Cette année, j’ai été particulièrement séduite par les artistes qui étaient exposés dans le cadre le l’exposition d’art textile. Il y avait notamment « le Patch », un immense patchwork collaboratif et intergénérationnel constitué de 1300 pièces de 20cmx20cm , une création magnifique par sa taille, par sa variété culturelle et ses couleurs. Une belle oeuvre collective…

 

°°°

… Mais j’ai surtout découvert les travaux magnifiques de Ina Georgeta Statescu, une artiste passionnée depuis sa plus tendre enfance par les tissus chatoyants , les fils colorés, les belles broderies  fines. Un petit tour sur le site de Ina vous renseignera sur son parcours et vous permettra de voir quelques photos de ses œuvres merveilleuses et toujours très poétiques. Sa maîtrise de la broderie, de l’appliqué et autres techniques textiles,  lui permettent de créer des paysages peuplés d’arbres, d’oiseaux, d’insectes, de fleurs et de fruits, tout en transparence et dans des couleurs lumineuses. Vous trouverez également sur son site une liste de ses expositions à venir dans toute la France. A ne pas rater***…

 

Les stages de Catherine Mazarguil à l’atelier du Laurier Rouge

Je suis actuellemement en formation à l’atelier du Laurier rouge. (Aller voir le très beau site de l’atelier en cliquant sur cette image:)

J’ai découvert un jour ce site en surfant sur Internet à la recherche d’un endroit où effectuer un stage pour stimuler ma créativité artistique, si possible à la campagne, pour bénéficier en même temps des bienfaits du contact avec la nature…

Le site de l’atelier du Laurier Rouge est très bien fait et les stages y sont très attirants. Les journées sont ponctuées de séances de Yoga Nidra et je voulais justement découvrir le Yoga depuis longtemps. Je n’ai donc pas hésité longtemps à m’inscrire…

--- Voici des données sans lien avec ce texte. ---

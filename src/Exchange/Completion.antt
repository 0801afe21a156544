-- ===== src/Exchange/Completion.antt =====
-- How often the completion handler of an exchange is called: the invariant, which counts the
-- calls made and the calls owed. The handlers of the user work on a state `A`.
pub mod Messages
pub mod Processing
pub mod Starting
pub mod Once
use anjay_lite.Base.{
  ℕ, suc, ◌+◌, ◌≡◌, refl, min, ◌&&◌, ◌==◌, Bool, true, false, not, List, Option, none, some, arith,
  if◌then◌else◌,
}
use anjay_lite.Coap.{Msg, is_block_option, block_1, block_2, inf_non_con_notify}
use anjay_lite.Exchange.{
  Ctx, State, Event, Platform, Result, Handlers, Read, finished, waiting_msg, msg_to_send, is_state,
  waiting_send_confirmation, success, error_server_response, error_timeout, contents,
  call_completion, call_write, call_read, finalize_exchange, new_msg, send_confirmation,
  reset_exchange_params, store_response, exchange_param_init, next_msg_id,
}
use anjay_lite.Exchange.Request.{
  send_response, read_response, write_request, next_request_block, handle_server_request,
}
use anjay_lite.Exchange.Response.{
  send_empty_ack, send_service_unavailable, send_next_request, continue_exchange,
  take_response_block, send_request_block, transfer_block, handle_server_response,
}
use anjay_lite.Exchange.Start.{
  answer, read_answer, accept_request, new_server_request, request_ready, notify_in_blocks,
  request_in_blocks, prepare_request, identify_request, new_client_request,
}
use anjay_lite.Utils.BlockSize.{determine_block_buffer_size}
use anjay_lite.Exchange.Process.{
  message_sent, handle_send_confirmation, send_prepared, retransmit, check_timeout, message_handled,
  handle_new_msg, process, terminate,
}

module _ {A : Type 0} where
  -- The calls that an unfinished exchange still owes: one, unless the handler was reset to the default.
  abbrev pub owed : Option (A → Option Msg → Result → A) → ℕ
  owed none = 0
  owed (some f) = 1

  abbrev pub pending : State → Option (A → Option Msg → Result → A) → ℕ
  pending finished c = 0
  pending _ c = owed c

module _ {A : Type 0} (count : A → ℕ) where
  abbrev pub CompletionCounts : Option (A → Option Msg → Result → A) → Type 0
  CompletionCounts none = Unit
  CompletionCounts (some f) =
      (a : A) (m : Option Msg) (r : Result) → count (f a m r) ≡ suc (count a)

  abbrev pub WriteKeeps : Option (A → List ℕ → ℕ → Bool → A × ℕ) → Type 0
  WriteKeeps none = Unit
  WriteKeeps (some f) =
      (a : A) (payload : List ℕ) (size : ℕ) (last : Bool)
      → count (f a payload size last).0 ≡ count a

  abbrev pub ReadKeeps : Option (A → List ℕ → ℕ → Read A) → Type 0
  ReadKeeps none = Unit
  ReadKeeps (some f) = (a : A) (buff : List ℕ) (size : ℕ) → count (f a buff size).arg ≡ count a

  -- `count` is the number of completion calls that the user's state has seen: the completion handler
  -- adds one, the two payload handlers leave it.
  pub record Tracks (h : Handlers A) : Type 0 where
    pub completes : CompletionCounts h.completion
    pub writes : WriteKeeps h.write_payload
    pub reads : ReadKeeps h.read_payload

  -- Calls made and calls owed are `n` together.
  pub record Tally (n : ℕ) (ctx : Ctx A) : Type 0 where
    pub tracked : Tracks ctx.handlers
    pub total : count ctx.arg + pending ctx.state ctx.handlers.completion ≡ n
    pub stored : is_state ctx.state msg_to_send ≡ false

  -- The same of an exchange that is known not to be finished.
  pub record Open (n : ℕ) (ctx : Ctx A) : Type 0 where
    pub tracked : Tracks ctx.handlers
    pub total : count ctx.arg + owed ctx.handlers.completion ≡ n

  pub count-completion :
      (c : Option (A → Option Msg → Result → A)) (a : A) (m : Option Msg) (r : Result)
      → CompletionCounts c
      → count (call_completion c a m r) ≡ count a + owed c
  count-completion none a m r h = omega arith
  count-completion (some f) a m r h = omega (arith, h a m r)

  pub count-write :
      (w : Option (A → List ℕ → ℕ → Bool → A × ℕ)) (a : A) (payload : List ℕ) (size : ℕ)
      (last : Bool)
      → WriteKeeps w
      → count (call_write w a payload size last).0 ≡ count a
  count-write none a payload size last h = refl
  count-write (some f) a payload size last h = h a payload size last

  pub count-read :
      (r : Option (A → List ℕ → ℕ → Read A)) (a : A) (buff : List ℕ) (size : ℕ)
      → ReadKeeps r
      → count (call_read r a buff size).arg ≡ count a
  count-read none a buff size h = refl
  count-read (some f) a buff size h = h a buff size

  module _ {n : ℕ} where
    pub finalize_exchange-Tally :
        (ctx : Ctx A) (m : Option Msg) (r : Result)
        → Open n ctx
        → Tally n (finalize_exchange ctx m r)
    unfolding finalize_exchange
    finalize_exchange-Tally ctx m r o = record {
      tracked = o.tracked;
      total = omega (
        arith,
        o.total,
        count-completion ctx.handlers.completion ctx.arg m r o.tracked.completes,
      );
      stored = refl;
    }

    -- A context that waits for the confirmation of its message is not finished.
    pub Open-Tally :
        {ctx : Ctx A} → Open n ctx → ctx.state ≡ waiting_send_confirmation → Tally n ctx
    Open-Tally o e = ground arith
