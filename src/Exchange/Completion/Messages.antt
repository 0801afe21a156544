-- ===== src/Exchange/Completion/Messages.antt =====
-- The handlers of a new message keep the count of completion calls.
use anjay_lite.Base.{ℕ, ◌≡◌, true, false, not, none, some, arith, if◌then◌else◌}
use anjay_lite.Coap.{Msg}
use anjay_lite.Exchange.{
  Ctx, Platform, waiting_msg, success, error_server_response, contents, call_completion,
  reset_exchange_params, store_response,
}
use anjay_lite.Exchange.Request.{
  send_response, read_response, write_request, next_request_block, handle_server_request,
}
use anjay_lite.Exchange.Response.{
  send_empty_ack, send_service_unavailable, send_next_request, continue_exchange,
  take_response_block, send_request_block, transfer_block, handle_server_response,
}
use anjay_lite.Exchange.Completion.{
  Tally, Open, count-completion, count-write, count-read, finalize_exchange-Tally,
}

module _ {A : Type 0} (count : A → ℕ) {n : ℕ} where
  pub send_next_request-Tally :
      (p : Platform) (ctx : Ctx A) → Open count n ctx → Tally count n (send_next_request p ctx).0
  unfolding send_next_request reset_exchange_params
  send_next_request-Tally p ctx o = grind (arith, finalize_exchange-Tally count)

  pub send_response-Tally :
      (p : Platform) (ctx : Ctx A) (msg : Msg) (code size : ℕ)
      → Open count n ctx
      → Tally count n (send_response p ctx msg code size).0
  unfolding send_response reset_exchange_params store_response
  send_response-Tally p ctx msg code size o = ground arith

  pub send_service_unavailable-Tally :
      (p : Platform) (ctx : Ctx A) (msg : Msg)
      → Open count n ctx
      → Tally count n (send_service_unavailable p ctx msg).0
  unfolding send_service_unavailable store_response
  send_service_unavailable-Tally p ctx msg o = ground arith

  pub send_empty_ack-Tally :
      (ctx : Ctx A) (msg : Msg) → Open count n ctx → Tally count n (send_empty_ack ctx msg).0
  unfolding send_empty_ack
  send_empty_ack-Tally ctx msg o = ground arith

  pub continue_exchange-Tally :
      (p : Platform) (ctx : Ctx A) (msg : Msg)
      → Open count n ctx
      → Tally count n (continue_exchange p ctx msg).0
  unfolding continue_exchange
  continue_exchange-Tally p ctx msg o = ground (
    arith,
    send_next_request-Tally p ctx o,
    finalize_exchange-Tally count ctx (some msg) success o,
    count-completion count ctx.handlers.completion ctx.arg (some msg) success o.tracked.completes,
    send_empty_ack-Tally (record ctx { request_prepared = true }) msg,
    send_empty_ack-Tally
        (record ctx {
          arg = call_completion ctx.handlers.completion ctx.arg (some msg) success;
          handlers = record ctx.handlers { completion = none };
          confirmable = false;
        })
        msg,
  )

  pub take_response_block-Tally :
      (p : Platform) (ctx : Ctx A) (msg : Msg)
      → Open count n ctx
      → Tally count n (take_response_block p ctx msg).0
  unfolding take_response_block
  take_response_block-Tally p ctx msg o = grind (
    arith,
    count-write count ctx.handlers.write_payload ctx.arg (contents ctx msg.payload) msg.payload_size
        (not ctx.block_transfer) o.tracked.writes,
    finalize_exchange-Tally count,
    continue_exchange-Tally,
  )

  pub send_request_block-Tally :
      (p : Platform) (ctx : Ctx A) (msg : Msg)
      → Open count n ctx
      → Tally count n (send_request_block p ctx msg).0
  unfolding send_request_block
  send_request_block-Tally p ctx msg o = grind (
    arith,
    count-read count ctx.handlers.read_payload ctx.arg ctx.payload_buff ctx.block_size
        o.tracked.reads,
    finalize_exchange-Tally count,
    continue_exchange-Tally,
  )

  pub transfer_block-Tally :
      (p : Platform) (ctx : Ctx A) (msg : Msg)
      → Open count n ctx
      → Tally count n (transfer_block p ctx msg).0
  unfolding transfer_block
  transfer_block-Tally p ctx msg o =
      grind (arith, take_response_block-Tally, send_request_block-Tally, continue_exchange-Tally)

  pub waiting_msg-Tally :
      {ctx : Ctx A} → Open count n ctx → ctx.state ≡ waiting_msg → Tally count n ctx
  waiting_msg-Tally o e = ground arith

  pub handle_server_response-Tally :
      (p : Platform) (ctx : Ctx A) (msg : Msg)
      → Open count n ctx
      → ctx.state ≡ waiting_msg
      → Tally count n (handle_server_response p ctx msg).0
  unfolding handle_server_response reset_exchange_params
  handle_server_response-Tally p ctx msg o e = ground (
    arith,
    finalize_exchange-Tally count ctx (some msg) success o,
    finalize_exchange-Tally count ctx (some msg) error_server_response o,
    send_service_unavailable-Tally p ctx msg o,
    transfer_block-Tally p ctx msg o,
  )

  pub read_response-Tally :
      (p : Platform) (ctx : Ctx A) (msg : Msg) (code : ℕ)
      → Open count n ctx
      → Tally count n (read_response p ctx msg code).0
  unfolding read_response
  read_response-Tally p ctx msg code o = grind (
    arith,
    count-read count ctx.handlers.read_payload ctx.arg ctx.payload_buff ctx.block_size
        o.tracked.reads,
    send_response-Tally,
  )

  pub write_request-Tally :
      (p : Platform) (ctx : Ctx A) (msg : Msg)
      → Open count n ctx
      → Tally count n (write_request p ctx msg).0
  unfolding write_request
  write_request-Tally p ctx msg o = grind (
    arith,
    count-write count ctx.handlers.write_payload ctx.arg (contents ctx msg.payload) msg.payload_size
        (not (if not msg.block.more_flag then false else ctx.block_transfer)) o.tracked.writes,
    send_response-Tally,
    read_response-Tally,
  )

  pub next_request_block-Tally :
      (p : Platform) (ctx : Ctx A) (msg : Msg)
      → Open count n ctx
      → ctx.state ≡ waiting_msg
      → Tally count n (next_request_block p ctx msg).0
  unfolding next_request_block
  next_request_block-Tally p ctx msg o e = grind (arith, read_response-Tally, write_request-Tally)

  pub handle_server_request-Tally :
      (p : Platform) (ctx : Ctx A) (msg : Msg)
      → Open count n ctx
      → ctx.state ≡ waiting_msg
      → Tally count n (handle_server_request p ctx msg).0
  unfolding handle_server_request
  handle_server_request-Tally p ctx msg o e =
      grind (arith, next_request_block-Tally, send_service_unavailable-Tally)
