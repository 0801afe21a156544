-- ===== src/Exchange/Completion/Processing.antt =====
-- `process` and `terminate` keep the count of completion calls.
use anjay_lite.Base.{ℕ, ◌≡◌, false, none, arith}
use anjay_lite.Coap.{Msg}
use anjay_lite.Exchange.{
  Ctx, Event, Platform, Result, finished, waiting_msg, is_state, waiting_send_confirmation,
  error_timeout, reset_exchange_params,
}
use anjay_lite.Exchange.Process.{
  message_sent, handle_send_confirmation, send_prepared, retransmit, check_timeout, message_handled,
  handle_new_msg, process, terminate,
}
use anjay_lite.Exchange.Completion.{Tally, Open, finalize_exchange-Tally}
use anjay_lite.Exchange.Completion.Messages.{
  handle_server_request-Tally, handle_server_response-Tally,
}

module _ {A : Type 0} (count : A → ℕ) {n : ℕ} where
  pub check_timeout-Tally :
      (p : Platform) (ctx : Ctx A) (msg : Msg)
      → Open count n ctx
      → ctx.state ≡ waiting_msg
      → Tally count n (check_timeout p ctx msg).0
  unfolding check_timeout retransmit
  check_timeout-Tally p ctx msg o e =
      ground (arith, finalize_exchange-Tally count ctx none error_timeout o)

  pub message_handled-Tally :
      (p : Platform) (x : Ctx A × Msg) → Tally count n x.0 → Tally count n (message_handled p x).0
  unfolding message_handled
  message_handled-Tally p (ctx, msg) t = grind (arith, check_timeout-Tally)

  pub message_sent-Tally : (ctx : Ctx A) → Open count n ctx → Tally count n (message_sent ctx)
  unfolding message_sent
  message_sent-Tally ctx o = grind (arith, finalize_exchange-Tally count)

  pub handle_send_confirmation-Tally :
      (p : Platform) (ctx : Ctx A) (event : Event)
      → Open count n ctx
      → ctx.state ≡ waiting_send_confirmation
      → Tally count n (handle_send_confirmation p ctx event)
  unfolding handle_send_confirmation
  handle_send_confirmation-Tally p ctx event o e =
      ground
        (arith, finalize_exchange-Tally count ctx none error_timeout o, message_sent-Tally ctx o)

  pub send_prepared-Tally :
      (p : Platform) (ctx : Ctx A) (msg : Msg)
      → Tally count n ctx
      → Tally count n (send_prepared p ctx msg).0
  unfolding send_prepared reset_exchange_params
  send_prepared-Tally p ctx msg t = ground arith

  pub handle_new_msg-Tally :
      (p : Platform) (ctx : Ctx A) (msg : Msg)
      → Open count n ctx
      → ctx.state ≡ waiting_msg
      → Tally count n (handle_new_msg p ctx msg).0
  unfolding handle_new_msg
  handle_new_msg-Tally p ctx msg o e = message_handled-Tally p _ (
      ground (
        arith,
        handle_server_request-Tally count p ctx msg o e,
        handle_server_response-Tally count p ctx msg o e,
      ))

  -- One call of `process` in a waiting state keeps the tally.
  pub process-Tally :
      (p : Platform) (ctx : Ctx A) (event : Event) (msg : Msg)
      → Tally count n ctx
      → is_state ctx.state finished ≡ false
      → Tally count n (process p ctx event msg).0
  unfolding process
  process-Tally p ctx event msg t w =
      let o : Open count n ctx = ground arith in
      ground (
        arith,
        handle_new_msg-Tally p ctx msg o,
        check_timeout-Tally p ctx msg o,
        send_prepared-Tally p (handle_send_confirmation p ctx event) msg,
        handle_send_confirmation-Tally p ctx event o,
      )

  pub terminate-Tally :
      (ctx : Ctx A) (reason : Result) → Tally count n ctx → Tally count n (terminate ctx reason)
  unfolding terminate
  terminate-Tally ctx reason t = grind (arith, finalize_exchange-Tally count)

Mon premier stage était intitulé « Collage et auto-louange ». Un titre intriguant pour la novice que j’étais. Je savais juste que j’aimais utiliser les collages dans mes créations.

Je n’ai pas été déçue…

Il est difficile de faire partager son vécu de ces stages originaux et uniques en leur genre. C’est vraiment une expérience qu’il faut vivre par soi-même pour se rendre compte. La démarche de l’inscription doit être personnelle (même si je vous conseille vivement d’essayer!…), mais il est indéniable que ces moments apportent à chaque fois des découvertes différentes et des enseignements toujours extrêmement enrichissants. L’atelier est magnifique, grand et lumineux. On y rencontre très souvent de belles personnes qui deviennent vite des fidèles de ces « retraites créatives et spirituelles ». Je suis personnellement convaincue que la création artistique est une activité spirituelle. J’ai donc trouvé en ce lieu unique un enseignement d’une grande richesse à tous points de vue.. Catherine Mazarguil nous fait part de ses connaissances techniques, de ses convictions spirituelles mais en nous incitant toujours à faire l’expérience des choses par nous mêmes, et à partir à la découverte de ce qui fonctionne  pour chacun d’entre nous, personnellement.

Depuis, je me suis inscrite à son module de formation « techniques d’animation » en suivant les 5 stages requis: « Le livre de mes rêves » (créations dans un format que j’affectionne particulièrement, plus proche du cahier d’artiste), « La puissance des couleurs », « Auto-portrait de mon âme »(un de mes préférés), et « Mandala et relaxation ».

On peut aller jusqu’à dire que ces stages sont addictifs…  Car dans ce lieu très particulier et plein de bonnes ondes qu’a su créer Catherine Mazarguil,  je sais d’avance que je vais à chaque fois vivre des moments magiques et bienfaisants. En immersion totale au sein d’une nature environnante magnifique.